[Stored data]
--*--
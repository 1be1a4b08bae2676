-- ===== src/App/Lifecycle.antt =====
-- cmd/app/app.go: `NewApp`, `close`, `initStorage`, `initServices` and `shutdown`, as the events
-- that they leave behind. `true` is a field that is not `nil`.
use exchange_rate_quote_serv.Prelude.{
  Text, codes, Bool, true, false, List, [], ◌∷◌, ◌++◌, Option, none, some, if◌then◌else◌,
}
use exchange_rate_quote_serv.Errors.{Error, error_text, join_lines, Result, ok, err}

pub data Resource : Type 0 where
  asynq_client asynq_server asynq_mon rdb_asynq rdb_cache db : Resource

pub data Event : Type 0 where
  opened closed : Resource → Event
  http_stopped worker_stopped : Event

-- The fields of `App` that hold a connection. `asynq.NewServer` makes a client of Redis of its
-- own, which only the server's own `Shutdown` is to close.
pub record App : Type 0 where
  pub asynq_client : Bool
  pub asynq_server : Bool
  pub asynq_mon : Bool
  pub rdb_asynq : Bool
  pub rdb_cache : Bool
  pub db : Bool

-- How the calls of the other parts end: `none` is a `nil` error.
pub record Outcomes : Type 0 where
  pub cache_addr : Text
  pub connect : Option Error
  pub migrations : Option Error
  pub ping : Option Error
  pub serve_asynqmon : Bool
  pub provider : Option Error
  pub closing : Resource → Option Error
  pub http_shutdown : Option Error

abbrev pub nothing : App
nothing = record {
  asynq_client = false;
  asynq_server = false;
  asynq_mon = false;
  rdb_asynq = false;
  rdb_cache = false;
  db = false;
}

abbrev pub explain : Text → Error → Error
explain what e = Error.failure (what ++ (codes ": " ++ error_text e))

-- `errs = append(errs, fmt.Errorf(…))`
abbrev pub note : Text → Option Error → List Text → List Text
note what none rest = rest
note what (some e) rest = error_text (explain what e) ∷ rest

abbrev pub texts : Option Error → List Text
texts none = []
texts (some e) = error_text e ∷ []

-- `errors.Join`
abbrev pub join : List Text → Option Error
join [] = none
join (t ∷ ts) = some (Error.failure (join_lines (t ∷ ts)))

module _ (o : Outcomes) where
  abbrev pub close_one : Resource → Text → Bool → List Text × List Event → List Text × List Event
  close_one r what false (errs, events) = (errs, events)
  close_one r what true (errs, events) =
      (note (what ++ codes " close") (o.closing r) errs, closed r ∷ events)

  abbrev pub close_all : App → List Text × List Event
  close_all app = close_one Resource.asynq_client (codes "asynq client") app.asynq_client (
      close_one Resource.asynq_mon (codes "asynqmon") app.asynq_mon (
        close_one Resource.rdb_asynq (codes "redis asynq") app.rdb_asynq (
          close_one Resource.rdb_cache (codes "redis cache") app.rdb_cache
            (close_one Resource.db (codes "db") app.db ([], [])))))

  -- `close`: every connection that there is, whatever the others' errors.
  unfoldable pub close : App → Option Error × List Event
  close app = let (errs, events) = close_all app in (join errs, events)

  -- What a part of `NewApp` comes to: its error, the fields so far, and its events.
  abbrev pub Init : Type 0
  Init = Option Error × App × List Event

  abbrev pub ping_cache : Option Error → Init
  ping_cache none = (
    none,
    record nothing { db = true; rdb_cache = true },
    opened Resource.db ∷ opened Resource.rdb_cache ∷ [],
  )
  ping_cache (some e) = (
    some (explain (codes "connect to Redis (cache, " ++ (o.cache_addr ++ codes ")")) e),
    record nothing { db = true; rdb_cache = true },
    opened Resource.db ∷ opened Resource.rdb_cache ∷ [],
  )

  abbrev pub migrate : Option Error → Init
  migrate none = ping_cache o.ping
  migrate (some e) = (
    some (explain (codes "run DB migrations") e),
    record nothing { db = true },
    opened Resource.db ∷ [],
  )

  abbrev pub connect : Option Error → Init
  connect none = migrate o.migrations
  connect (some e) = (some (explain (codes "connect to Postgres") e), nothing, [])

  -- `initStorage`
  unfoldable pub init_storage : Init
  init_storage = connect o.connect

  -- `initServices`; the provider's error comes behind the connections of the queue.
  unfoldable pub init_services : App → Init
  init_services app = (
    o.provider,
    record app {
      rdb_asynq = true;
      asynq_client = true;
      asynq_server = true;
      asynq_mon = o.serve_asynqmon;
    },
    opened Resource.rdb_asynq
        ∷ opened Resource.asynq_client
        ∷ opened Resource.asynq_server
        ∷ (if o.serve_asynqmon then opened Resource.asynq_mon ∷ [] else []),
  )

  -- `if err != nil { _ = app.close(); return nil, err }`
  abbrev pub or_close :
      Init → (App → List Event → Result App × List Event) → Result App × List Event
  or_close (some e, app, events) next = (err e, events ++ (close app).1)
  or_close (none, app, events) next = next app events

  abbrev pub prefix : List Event → Init → Init
  prefix before (e, app, events) = (e, app, before ++ events)

  -- `NewApp`
  unfoldable pub new_app : Result App × List Event
  unfolding init_storage init_services close
  new_app =
      or_close init_storage
        λ app before. or_close (prefix before (init_services app)) λ app' events. (ok app', events)

  -- `shutdown`: the HTTP server, the worker, and then the connections.
  unfoldable pub shutdown : App → Option Error × List Event
  unfolding close
  shutdown app =
      let (e, events) = close app in
      (
        join (note (codes "http shutdown") o.http_shutdown (texts e)),
        http_stopped ∷ worker_stopped ∷ events,
      )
--*--
**ASSIGNMENT:**
Give the data back in full, exactly as written.

**ANSWER SECTION:**
repository 1be1a4b08bae2676
-- ===== src/App/Lifecycle.antt =====
-- cmd/app/app.go: `NewApp`, `close`, `initStorage`, `initServices` and `shutdown`, as the events
-- that they leave behind. `true` is a field that is not `nil`.
use exchange_rate_quote_serv.Prelude.{
  Text, codes, Bool, true, false, List, [], ◌∷◌, ◌++◌, Option, none, some, if◌then◌else◌,
}
use exchange_rate_quote_serv.Errors.{Error, error_text, join_lines, Result, ok, err}

pub data Resource : Type 0 where
  asynq_client asynq_server asynq_mon rdb_asynq rdb_cache db : Resource

pub data Event : Type 0 where
  opened closed : Resource → Event
  http_stopped worker_stopped : Event

-- The fields of `App` that hold a connection. `asynq.NewServer` makes a client of Redis of its
-- own, which only the server's own `Shutdown` is to close.
pub record App : Type 0 where
  pub asynq_client : Bool
  pub asynq_server : Bool
  pub asynq_mon : Bool
  pub rdb_asynq : Bool
  pub rdb_cache : Bool
  pub db : Bool

-- How the calls of the other parts end: `none` is a `nil` error.
pub record Outcomes : Type 0 where
  pub cache_addr : Text
  pub connect : Option Error
  pub migrations : Option Error
  pub ping : Option Error
  pub serve_asynqmon : Bool
  pub provider : Option Error
  pub closing : Resource → Option Error
  pub http_shutdown : Option Error

abbrev pub nothing : App
nothing = record {
  asynq_client = false;
  asynq_server = false;
  asynq_mon = false;
  rdb_asynq = false;
  rdb_cache = false;
  db = false;
}

abbrev pub explain : Text → Error → Error
explain what e = Error.failure (what ++ (codes ": " ++ error_text e))

-- `errs = append(errs, fmt.Errorf(…))`
abbrev pub note : Text → Option Error → List Text → List Text
note what none rest = rest
note what (some e) rest = error_text (explain what e) ∷ rest

abbrev pub texts : Option Error → List Text
texts none = []
texts (some e) = error_text e ∷ []

-- `errors.Join`
abbrev pub join : List Text → Option Error
join [] = none
join (t ∷ ts) = some (Error.failure (join_lines (t ∷ ts)))

module _ (o : Outcomes) where
  abbrev pub close_one : Resource → Text → Bool → List Text × List Event → List Text × List Event
  close_one r what false (errs, events) = (errs, events)
  close_one r what true (errs, events) =
      (note (what ++ codes " close") (o.closing r) errs, closed r ∷ events)

  abbrev pub close_all : App → List Text × List Event
  close_all app = close_one Resource.asynq_client (codes "asynq client") app.asynq_client (
      close_one Resource.asynq_mon (codes "asynqmon") app.asynq_mon (
        close_one Resource.rdb_asynq (codes "redis asynq") app.rdb_asynq (
          close_one Resource.rdb_cache (codes "redis cache") app.rdb_cache
            (close_one Resource.db (codes "db") app.db ([], [])))))

  -- `close`: every connection that there is, whatever the others' errors.
  unfoldable pub close : App → Option Error × List Event
  close app = let (errs, events) = close_all app in (join errs, events)

  -- What a part of `NewApp` comes to: its error, the fields so far, and its events.
  abbrev pub Init : Type 0
  Init = Option Error × App × List Event

  abbrev pub ping_cache : Option Error → Init
  ping_cache none = (
    none,
    record nothing { db = true; rdb_cache = true },
    opened Resource.db ∷ opened Resource.rdb_cache ∷ [],
  )
  ping_cache (some e) = (
    some (explain (codes "connect to Redis (cache, " ++ (o.cache_addr ++ codes ")")) e),
    record nothing { db = true; rdb_cache = true },
    opened Resource.db ∷ opened Resource.rdb_cache ∷ [],
  )

  abbrev pub migrate : Option Error → Init
  migrate none = ping_cache o.ping
  migrate (some e) = (
    some (explain (codes "run DB migrations") e),
    record nothing { db = true },
    opened Resource.db ∷ [],
  )

  abbrev pub connect : Option Error → Init
  connect none = migrate o.migrations
  connect (some e) = (some (explain (codes "connect to Postgres") e), nothing, [])

  -- `initStorage`
  unfoldable pub init_storage : Init
  init_storage = connect o.connect

  -- `initServices`; the provider's error comes behind the connections of the queue.
  unfoldable pub init_services : App → Init
  init_services app = (
    o.provider,
    record app {
      rdb_asynq = true;
      asynq_client = true;
      asynq_server = true;
      asynq_mon = o.serve_asynqmon;
    },
    opened Resource.rdb_asynq
        ∷ opened Resource.asynq_client
        ∷ opened Resource.asynq_server
        ∷ (if o.serve_asynqmon then opened Resource.asynq_mon ∷ [] else []),
  )

  -- `if err != nil { _ = app.close(); return nil, err }`
  abbrev pub or_close :
      Init → (App → List Event → Result App × List Event) → Result App × List Event
  or_close (some e, app, events) next = (err e, events ++ (close app).1)
  or_close (none, app, events) next = next app events

  abbrev pub prefix : List Event → Init → Init
  prefix before (e, app, events) = (e, app, before ++ events)

  -- `NewApp`
  unfoldable pub new_app : Result App × List Event
  unfolding init_storage init_services close
  new_app =
      or_close init_storage
        λ app before. or_close (prefix before (init_services app)) λ app' events. (ok app', events)

  -- `shutdown`: the HTTP server, the worker, and then the connections.
  unfoldable pub shutdown : App → Option Error × List Event
  unfolding close
  shutdown app =
      let (e, events) = close app in
      (
        join (note (codes "http shutdown") o.http_shutdown (texts e)),
        http_stopped ∷ worker_stopped ∷ events,
      )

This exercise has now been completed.